● **How to complete this task**: Find the line holding "chain = Chain-frame" in the entries below. Give it again exactly, along with every line after it up to and including the line holding "let at = append_assoc xs (e ∷ []) in".

● **Listed records**:
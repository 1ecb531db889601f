-- ===== src/Links/Ops.antt =====
-- The operations of kern/include/list.h, on the sequence that a ring stands for.
use zonix.Prelude.{
  has, ◌∉◌, has-append, has-insert, Distinct-insert, Distinct-remove, ◌≡◌, refl, sym, subst, true,
  List, [], ◌∷◌, ◌++◌, append-nil, append_assoc, arith,
}
use zonix.Links.{Ptr, Links, list_link, list_init, list_add_before, list_add, list_del, list_next}
use zonix.Links.Ring.{
  not-last_of, Chain, Ring, last_of, first_of_or, Chain-frame, Chain-Joined, Chain-around,
  Chain-list_link, Chain-list_unlink,
}

-- `list_init` makes an empty list of its header.
pub Ring-list_init : (l : Links) (h : Ptr) → Ring (list_init h l) h []
unfolding list_init
Ring-list_init l h = record { chain = ground arith; apart = refl; distinct = tt }

-- `list_add` behind the entry at any place (behind the header if `xs` is empty) inserts there.
pub Ring-list_add :
    (l : Links) (h e : Ptr) (xs ys : List Ptr)
    → Ring l h (xs ++ ys)
    → e ∉ (h ∷ xs ++ ys)
    → Ring (list_add (last_of h xs) e l) h (xs ++ e ∷ ys)
unfolding list_add
Ring-list_add l h e xs ys r n = record {
  chain =
      subst (λ b. Chain (list_link e (last_of h xs) b l) h (xs ++ e ∷ ys) h)
        (sym (Chain-Joined l h h xs ys r.chain).0)
        (Chain-list_link l e h h xs ys r.chain r.apart r.apart r.distinct (ground arith));
  apart = ground (arith, has-insert h e xs ys, r.apart);
  distinct = Distinct-insert e xs ys r.distinct (ground arith);
}

-- `list_add_before` the header puts the entry last.
pub Ring-list_add_before :
    (l : Links) (h e : Ptr) (xs : List Ptr)
    → Ring l h xs
    → e ∉ (h ∷ xs)
    → Ring (list_add_before h e l) h (xs ++ e ∷ [])
unfolding list_add_before
Ring-list_add_before l h e xs r n =
    let whole : Ring l h (xs ++ []) = rw append-nil r in
    record {
      chain =
          subst (λ a. Chain (list_link e a h l) h (xs ++ e ∷ []) h)
            (sym (Chain-Joined l h h xs [] whole.chain).1)
            (Chain-list_link l e h h xs [] whole.chain whole.apart whole.apart whole.distinct
              (ground (arith, has-append e xs [])));
      apart = ground (arith, has-append h xs (e ∷ []), r.apart);
      distinct = Distinct-insert e xs [] whole.distinct (ground (arith, has-append e xs []));
    }

-- `list_del` takes out exactly its entry.
pub Ring-list_del :
    (l : Links) (h e : Ptr) (xs ys : List Ptr)
    → Ring l h (xs ++ e ∷ ys)
    → Ring (list_del e l) h (xs ++ ys)
unfolding list_del
Ring-list_del l h e xs ys r =
    let (before, after) = Chain-around l e h h xs ys r.chain in
    let (kept, gone) = Distinct-remove e xs ys r.distinct in
    record {
      chain =
          rw (before, after) (Chain-list_unlink l e h h xs ys r.chain r.apart r.apart r.distinct);
      apart = ground (arith, has-insert h e xs ys, r.apart);
      distinct = kept;
    }

-- The walk of a loop: `next` of the header, or of an entry, is the next entry or the header.
pub next-Ring :
    (l : Links) (h : Ptr) (xs ys : List Ptr)
    → Ring l h (xs ++ ys)
    → list_next (last_of h xs) l ≡ first_of_or ys h
unfolding list_next
next-Ring l h xs ys r = (Chain-Joined l h h xs ys r.chain).0

-- The entry before the header is the last.
pub prev-Ring :
    (l : Links) (h : Ptr) (xs ys : List Ptr)
    → Ring l h (xs ++ ys)
    → l.prev (first_of_or ys h) ≡ last_of h xs
prev-Ring l h xs ys r = (Chain-Joined l h h xs ys r.chain).1

-- A ring is read only at its own addresses.
pub Ring-frame :
    (l m : Links) (h : Ptr) (xs : List Ptr)
    → ((a : Ptr) → has a (h ∷ xs) ≡ true → (m.next a ≡ l.next a) × (m.prev a ≡ l.prev a))
    → Ring l h xs
    → Ring m h xs
Ring-frame l m h xs f r = record {
  chain = Chain-frame l m h h xs (λ a k. (f a k).0) (λ a k. (f a k).1) r.chain;
  apart = r.apart;
  distinct = r.distinct;
}

pub last_of_snoc : (h e : Ptr) (xs : List Ptr) → last_of h (xs ++ e ∷ []) ≡ e
last_of_snoc h e [] = refl
last_of_snoc h e (x ∷ xs) = last_of_snoc x e xs

-- `list_add` behind an entry of the list.
pub Ring-list_add_entry :
    (l : Links) (h e f : Ptr) (xs ys : List Ptr)
    → Ring l h (xs ++ e ∷ ys)
    → f ∉ (h ∷ xs ++ e ∷ ys)
    → Ring (list_add e f l) h (xs ++ e ∷ f ∷ ys)
Ring-list_add_entry l h e f xs ys r n =
    let at = append_assoc xs (e ∷ []) in
    let whole : Ring l h ((xs ++ e ∷ []) ++ ys) = rw (at ys) r in
    let fresh : f ∉ (h ∷ (xs ++ e ∷ []) ++ ys) = rw (at ys) n in
    let added = Ring-list_add l h f (xs ++ e ∷ []) ys whole fresh in
    rw (last_of_snoc h e xs, at (f ∷ ys)) at added

-- The same walk from an entry of the list.
pub next-Ring_entry :
    (l : Links) (h e : Ptr) (xs ys : List Ptr)
    → Ring l h (xs ++ e ∷ ys)
    → list_next e l ≡ first_of_or ys h
unfolding list_next
next-Ring_entry l h e xs ys r = (Chain-around l e h h xs ys r.chain).1

-- An entry that was just taken out still leads on, so that a loop can go on from it.
pub next-list_del :
    (l : Links) (h e : Ptr) (xs ys : List Ptr)
    → Ring l h (xs ++ e ∷ ys)
    → list_next e (list_del e l) ≡ first_of_or ys h
unfolding list_del list_next
next-list_del l h e xs ys r =
    let (before, after) = Chain-around l e h h xs ys r.chain in
    let (kept, gone) = Distinct-remove e xs ys r.distinct in
    let other : e ∉ (h ∷ xs ++ ys) = ground (arith, has-insert h e xs ys, r.apart) in
    rw (before, not-last_of e h xs ys other) after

● **Task solution**:
  chain = Chain-frame l m h h xs (λ a k. (f a k).0) (λ a k. (f a k).1) r.chain;
  apart = r.apart;
  distinct = r.distinct;
}

pub last_of_snoc : (h e : Ptr) (xs : List Ptr) → last_of h (xs ++ e ∷ []) ≡ e
last_of_snoc h e [] = refl
last_of_snoc h e (x ∷ xs) = last_of_snoc x e xs

-- `list_add` behind an entry of the list.
pub Ring-list_add_entry :
    (l : Links) (h e f : Ptr) (xs ys : List Ptr)
    → Ring l h (xs ++ e ∷ ys)
    → f ∉ (h ∷ xs ++ e ∷ ys)
    → Ring (list_add e f l) h (xs ++ e ∷ f ∷ ys)
Ring-list_add_entry l h e f xs ys r n =
    let at = append_assoc xs (e ∷ []) in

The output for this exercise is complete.